_What the task asks_: Could you reproduce the lines below from the one with "and after it." through the one with "read_property_sets_on latest s = s"? Keep both ends and add nothing.

_Stored data_:

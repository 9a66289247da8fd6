-- ===== src/DeviceProperties/HistoryEffects.antt =====
-- The effects that read the histories of web/src/pages/Admin/DevicePropertyManagement.tsx, each up to
-- its `await` and after it.
use linkflow_v.Prelude.{Bool, false, none}
use linkflow_v.Answers.{Answer}
use linkflow_v.Services.Call.{PageResult}
use linkflow_v.Services.Devices.{
  DeviceEventEntry, DevicePropertySetHistoryEntry, DeviceServiceCallHistoryEntry,
}
use linkflow_v.DeviceProperties.State.{
  DevicePropertyTab, latest, history, set, services, event_history, property_set_history,
  service_history, DevicePropertyPage,
}
use linkflow_v.DeviceProperties.Histories.{
  HistoryOptions, history_effect_read, failure, tell, load_event_history, load_service_history,
  load_property_set_history,
}

abbrev pub as_effect : HistoryOptions
as_effect = record { page = none; silent = false }

module _ {N : Type 0} where
  -- The effects do what the readings of the current device do, on their own tab.
  unfoldable pub read_events_on : DevicePropertyTab → DevicePropertyPage N → DevicePropertyPage N
  read_events_on event_history s = load_event_history s s.device_id as_effect s
  read_events_on latest s = s
  read_events_on history s = s
  read_events_on set s = s
  read_events_on services s = s
  read_events_on property_set_history s = s
  read_events_on service_history s = s

  unfoldable pub events_effect_read :
      Bool → Answer (PageResult (DeviceEventEntry N)) → DevicePropertyPage N → DevicePropertyPage N
  events_effect_read cancelled a s =
      tell (failure false cancelled "adminDeviceEventHistoryFailed" a)
        (record s { events = history_effect_read cancelled a s.events })

  unfoldable pub read_property_sets_on :
      DevicePropertyTab → DevicePropertyPage N → DevicePropertyPage N
  read_property_sets_on property_set_history s = load_property_set_history s s.device_id as_effect s
  read_property_sets_on latest s = s
  read_property_sets_on history s = s
  read_property_sets_on set s = s
  read_property_sets_on services s = s
  read_property_sets_on event_history s = s
  read_property_sets_on service_history s = s

  unfoldable pub property_sets_effect_read :
      Bool
      → Answer (PageResult (DevicePropertySetHistoryEntry N))
      → DevicePropertyPage N
      → DevicePropertyPage N
  property_sets_effect_read cancelled a s =
      tell (failure false cancelled "adminDevicePropertySetHistoryFailed" a)
        (record s { property_sets = history_effect_read cancelled a s.property_sets })

  unfoldable pub read_service_calls_on :
      DevicePropertyTab → DevicePropertyPage N → DevicePropertyPage N
  read_service_calls_on service_history s = load_service_history s s.device_id as_effect s
  read_service_calls_on latest s = s
  read_service_calls_on history s = s
  read_service_calls_on set s = s
  read_service_calls_on services s = s
  read_service_calls_on event_history s = s
  read_service_calls_on property_set_history s = s

  unfoldable pub service_calls_effect_read :
      Bool
      → Answer (PageResult (DeviceServiceCallHistoryEntry N))
      → DevicePropertyPage N
      → DevicePropertyPage N
  service_calls_effect_read cancelled a s =
      tell (failure false cancelled "adminDeviceServiceHistoryFailed" a)
        (record s { service_calls = history_effect_read cancelled a s.service_calls })
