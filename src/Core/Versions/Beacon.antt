-- ===== src/Core/Versions/Beacon.antt =====
-- What CheckOnlineUpdate of src/pkg/core/version_manager.go offers, and from where.
use ipvn.Base.{
  ℕ, ◌≡◌, ◌≢◌, ◌⊎◌, ◌↔◌, refl, ◌∙◌, ap, subst, String, true, ◌||◌, ◌==◌, List, some, arith,
  Option-cases, Bool-cases, inl, inr, str_eq, str_eq_iff, ==_iff,
}
use text.Mathlib.Text.{starts_with}
use ipvn.Core.Versions.{Texts}
use ipvn.Core.Versions.Online.{
  default_update_manifest_url, UpdateManifest, UpdateCheckResult, checked, Web, is_local,
  fetch_manifest, check_online_update, official_prefix,
}
use ipvn.Core.Versions.Releases.{
  Begins, IsPlainLocal, Releases, starts_iff, check_manifest→Releases, Releases→check_manifest,
}

-- The address that the manifest is fetched from.
abbrev pub IsSource : String → String → Type 0
IsSource asked used =
    ((asked ≡ "")
      × (used
          ≡ "https://raw.githubusercontent.com/galleguillosdavid-coder/ipvn7_0.7/main/dist/version_manifest.json"))
    ⊎ ((asked ≢ "")
        × (used ≡ asked)
        × (Begins asked "https://raw.githubusercontent.com/galleguillosdavid-coder/ipvn7_0.7/"
            ⊎ IsPlainLocal asked))

module _ (x : Texts) (web : Web) (platform_key : String) where
  -- An answer of an address that holds a release.
  pub record Answers (used : String) (r : UpdateCheckResult) : Type 0 where
    pub body : List ℕ
    pub answered : web.get used ≡ some (200, body)
    pub manifest : UpdateManifest
    pub decoded : web.decode_manifest body ≡ some manifest
    pub releases : Releases x web platform_key manifest r

  fetch_manifest→Answers :
      (used : String) (r : UpdateCheckResult)
      → fetch_manifest x web platform_key used ≡ checked r
      → r.available ≡ true
      → Answers used r
  fetch_manifest→Answers used r e a = elim (Option-cases (web.get used)) [
    | inl g ↦ absurd (ground (arith, g, e))
    | inr ((status, body), g) ↦ elim (Bool-cases (status == 200)) [
      | inr s ↦ absurd (ground (arith, g, s, e))
      | inl s ↦ elim (Option-cases (web.decode_manifest body)) [
        | inl d ↦ absurd (ground (arith, g, s, d, e))
        | inr (m, d) ↦ record {
          body = body;
          answered = g ∙ ap (λ n. some (n, body)) ((==_iff status 200).0 s);
          manifest = m;
          decoded = d;
          releases = check_manifest→Releases x web platform_key m r (ground (arith, g, s, d, e)) a;
        }
      ]
    ]
  ]

  Answers→fetch_manifest :
      (used : String) (r : UpdateCheckResult)
      → Answers used r
      → fetch_manifest x web platform_key used ≡ checked r
  Answers→fetch_manifest used r offer =
      let rest = Releases→check_manifest x web platform_key offer.manifest r offer.releases in
      ground (arith, offer.answered, offer.decoded, rest)

  check_online_update→Answers :
      (asked : String) (r : UpdateCheckResult)
      → (check_online_update x web platform_key asked ≡ checked r) × (r.available ≡ true)
      → (used : String) × IsSource asked used × Answers used r
  unfolding check_online_update
  check_online_update→Answers asked r (e, a) = elim (Bool-cases (str_eq asked "")) [
    | inl s ↦ (
      default_update_manifest_url,
      inl ((str_eq_iff asked "").0 s, refl),
      fetch_manifest→Answers default_update_manifest_url r (ground (arith, s, e)) a,
    )
    | inr s ↦ elim (Bool-cases (starts_with asked official_prefix || is_local asked)) [
      | inr o ↦ absurd (ground (arith, s, o, e))
      | inl o ↦ (
        asked,
        inr (
          λ q. absurd (ground (arith, s, (str_eq_iff asked "").1 q)),
          refl,
          (starts_iff asked official_prefix).0 o,
        ),
        fetch_manifest→Answers asked r (ground (arith, s, o, e)) a,
      )
    ]
  ]

  Answers→check_online_update :
      (asked : String) (r : UpdateCheckResult)
      → ((used : String) × IsSource asked used × Answers used r)
      → (check_online_update x web platform_key asked ≡ checked r) × (r.available ≡ true)
  unfolding check_online_update
  Answers→check_online_update asked r (used, source, offer) =
      let run = Answers→fetch_manifest used r offer in
      let a : r.available ≡ true = ap (λ q. q.available) offer.releases.reported in
      elim source [
        | inl (left_out, default) ↦ (
          rw ((str_eq_iff asked "").1 left_out)
              (subst (λ u. fetch_manifest x web platform_key u ≡ checked r) default run),
          a,
        )
        | inr (given, same, start) ↦ elim (Bool-cases (str_eq asked "")) [
          | inl s ↦ absurd (given ((str_eq_iff asked "").0 s))
          | inr s ↦ (
            rw (s, (starts_iff asked official_prefix).1 start)
                (subst (λ u. fetch_manifest x web platform_key u ≡ checked r) same run),
            a,
          )
        ]
      ]

  -- CheckOnlineUpdate reports an update as available exactly when: the address is left out, for the
  -- default one, or its text begins with that of the repository, `http://127.0.0.1:` or
  -- `http://localhost:`; it answers 200 with a manifest that can be decoded; that manifest lists
  -- this platform; its version and the current one are both well-formed, and its major, minor and
  -- patch are later, the first that differs deciding; the address of its release begins with
  -- `https://`, `http://127.0.0.1:` or `http://localhost:`; and the report is of that release. No
  -- signature is among the conditions.
  pub check_online_update_iff :
      (asked : String) (r : UpdateCheckResult)
      → ((check_online_update x web platform_key asked ≡ checked r) × (r.available ≡ true))
        ↔ ((used : String) × IsSource asked used × Answers used r)
  check_online_update_iff asked r =
      (check_online_update→Answers asked r, Answers→check_online_update asked r)
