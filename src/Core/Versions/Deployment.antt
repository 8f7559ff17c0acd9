-- ===== src/Core/Versions/Deployment.antt =====
-- What copyOrMoveFile and the renames of src/pkg/core/version_manager.go do to each file.
use ipvn.Base.{
  ℕ, String, ◌≡◌, ◌⊎◌, refl, Bool, true, false, List, none, some, if◌then◌else◌, str_eq,
  str_eq_refl, arith, Bool-cases, Option-cases, inl, inr,
}
use ipvn.Base.Dict.{lookup, insert, delete, lookup-insert, lookup-delete}
use ipvn.Core.Versions.{FileStore, VersionManager, Faults, rename, remove, exists}
use ipvn.Core.Versions.Binary.{copied, copy_file, copy_or_move_file, set_aside}

pub lookup-remove :
    (fault : Bool) (files : FileStore) (path p : String)
    → str_eq path p ≡ false
    → lookup p (remove fault files path).0 ≡ lookup p files
unfolding remove
lookup-remove fault files path p e = elim (Option-cases (lookup path files)) [
  | inl a ↦ rw (remove, a) refl
  | inr (bytes, a) ↦ elim (Bool-cases fault) [
    | inl b ↦ rw (remove, a, b) refl
    | inr b ↦ rw (remove, a, b) (ground (arith, lookup-delete path p files, e))
  ]
]

-- A rename that does nothing, or moves the bytes.
pub rename-cases :
    (fault : Bool) (files : FileStore) (old new : String)
    → (rename fault files old new ≡ (files, false))
      ⊎ ((bytes : List ℕ) × ((lookup old files ≡ some bytes)
            × (rename fault files old new ≡ (insert new bytes (delete old files), true))))
unfolding rename
rename-cases fault files old new = elim (Option-cases (lookup old files)) [
  | inl a ↦ inl (rw (rename, a) refl)
  | inr (bytes, a) ↦ elim (Bool-cases fault) [
    | inl b ↦ inl (rw (rename, a, b) refl)
    | inr b ↦ inr (bytes, (a, rw (rename, a, b) refl))
  ]
]

pub rename-succeeds :
    (fault : Bool) (files : FileStore) (old new : String) (bytes : List ℕ)
    → fault ≡ false
    → lookup old files ≡ some bytes
    → rename fault files old new ≡ (insert new bytes (delete old files), true)
unfolding rename
rename-succeeds fault files old new bytes b a = rw (rename, a, b) refl

pub set_aside-rename :
    (faults : Faults) (vm : VersionManager) (files : FileStore) (old : List ℕ)
    → faults.stat_active ≡ false
    → lookup vm.active_exe files ≡ some old
    → set_aside faults vm files ≡ rename faults.rename_active files vm.active_exe vm.backup_exe
unfolding set_aside exists
set_aside-rename faults vm files old b a = ground (arith, a, b)

pub lookup-moved :
    (files : FileStore) (old new p : String) (bytes : List ℕ)
    → lookup p (insert new bytes (delete old files))
      ≡ (if str_eq new p then some bytes else (if str_eq old p then none else lookup p files))
lookup-moved files old new p bytes =
    ground (arith, lookup-insert new p bytes (delete old files), lookup-delete old p files)

-- The files after a deployment from src to dst: it brought the bytes of src, or it failed, and no
-- third file has changed.
pub record IsDeployed (files : FileStore) (src dst : String) (result : FileStore × Bool)
    : Type 0 where
  pub brought : result.1 ≡ true → lookup dst result.0 ≡ lookup src files
  pub others :
      (p : String)
      → str_eq src p ≡ false
      → str_eq dst p ≡ false
      → lookup p result.0 ≡ lookup p files

module _ (faults : Faults) (files : FileStore) (src dst : String) where
  unchanged-IsDeployed : IsDeployed files src dst (files, false)
  unchanged-IsDeployed = record { brought = λ e. absurd (ground arith); others = λ p e d. refl }

  copied-IsDeployed :
      (bytes : List ℕ)
      → lookup src files ≡ some bytes
      → IsDeployed files src dst (copied faults files dst bytes)
  copied-IsDeployed bytes a = elim (Option-cases faults.short_copy) [
    | inl e ↦ rw e (record {
      brought = λ t. ground (arith, lookup-insert dst dst bytes files, str_eq_refl dst, a);
      others = λ p s d. ground (arith, lookup-insert dst p bytes files, d);
    })
    | inr (part, e) ↦ rw e (record {
      brought = λ t. absurd (ground arith);
      others = λ p s d. ground (arith, lookup-insert dst p part files, d);
    })
  ]

  copy_file-IsDeployed : IsDeployed files src dst (copy_file faults files src dst)
  unfolding copy_file
  copy_file-IsDeployed = elim (Option-cases (lookup src files)) [
    | inl a ↦ rw (copy_file, a) unchanged-IsDeployed
    | inr (bytes, a) ↦ elim (Bool-cases faults.open_new) [
      | inl b ↦ rw (copy_file, a, b) unchanged-IsDeployed
      | inr b ↦ elim (Bool-cases faults.open_active) [
        | inl c ↦ rw (copy_file, a, b, c) unchanged-IsDeployed
        | inr c ↦ rw (copy_file, a, b, c) (copied-IsDeployed bytes a)
      ]
    ]
  ]

  pub copy_or_move_file-IsDeployed :
      IsDeployed files src dst (copy_or_move_file faults files src dst)
  unfolding copy_or_move_file
  copy_or_move_file-IsDeployed = elim (rename-cases faults.rename_new files src dst) [
    | inl e ↦ rw e copy_file-IsDeployed
    | inr (bytes, (a, e)) ↦ rw e (record {
      brought = λ t. ground (arith, lookup-moved files src dst dst bytes, str_eq_refl dst, a);
      others = λ p s d. ground (arith, lookup-moved files src dst p bytes, s, d);
    })
  ]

_Result of the task_:
-- its `await` and after it.
use linkflow_v.Prelude.{Bool, false, none}
use linkflow_v.Answers.{Answer}
use linkflow_v.Services.Call.{PageResult}
use linkflow_v.Services.Devices.{
  DeviceEventEntry, DevicePropertySetHistoryEntry, DeviceServiceCallHistoryEntry,
}
use linkflow_v.DeviceProperties.State.{
  DevicePropertyTab, latest, history, set, services, event_history, property_set_history,
  service_history, DevicePropertyPage,
}
use linkflow_v.DeviceProperties.Histories.{
  HistoryOptions, history_effect_read, failure, tell, load_event_history, load_service_history,
  load_property_set_history,
}

abbrev pub as_effect : HistoryOptions
as_effect = record { page = none; silent = false }

module _ {N : Type 0} where
  -- The effects do what the readings of the current device do, on their own tab.
  unfoldable pub read_events_on : DevicePropertyTab → DevicePropertyPage N → DevicePropertyPage N
  read_events_on event_history s = load_event_history s s.device_id as_effect s
  read_events_on latest s = s
  read_events_on history s = s
  read_events_on set s = s
  read_events_on services s = s
  read_events_on property_set_history s = s
  read_events_on service_history s = s

  unfoldable pub events_effect_read :
      Bool → Answer (PageResult (DeviceEventEntry N)) → DevicePropertyPage N → DevicePropertyPage N
  events_effect_read cancelled a s =
      tell (failure false cancelled "adminDeviceEventHistoryFailed" a)
        (record s { events = history_effect_read cancelled a s.events })

  unfoldable pub read_property_sets_on :
      DevicePropertyTab → DevicePropertyPage N → DevicePropertyPage N
  read_property_sets_on property_set_history s = load_property_set_history s s.device_id as_effect s
  read_property_sets_on latest s = s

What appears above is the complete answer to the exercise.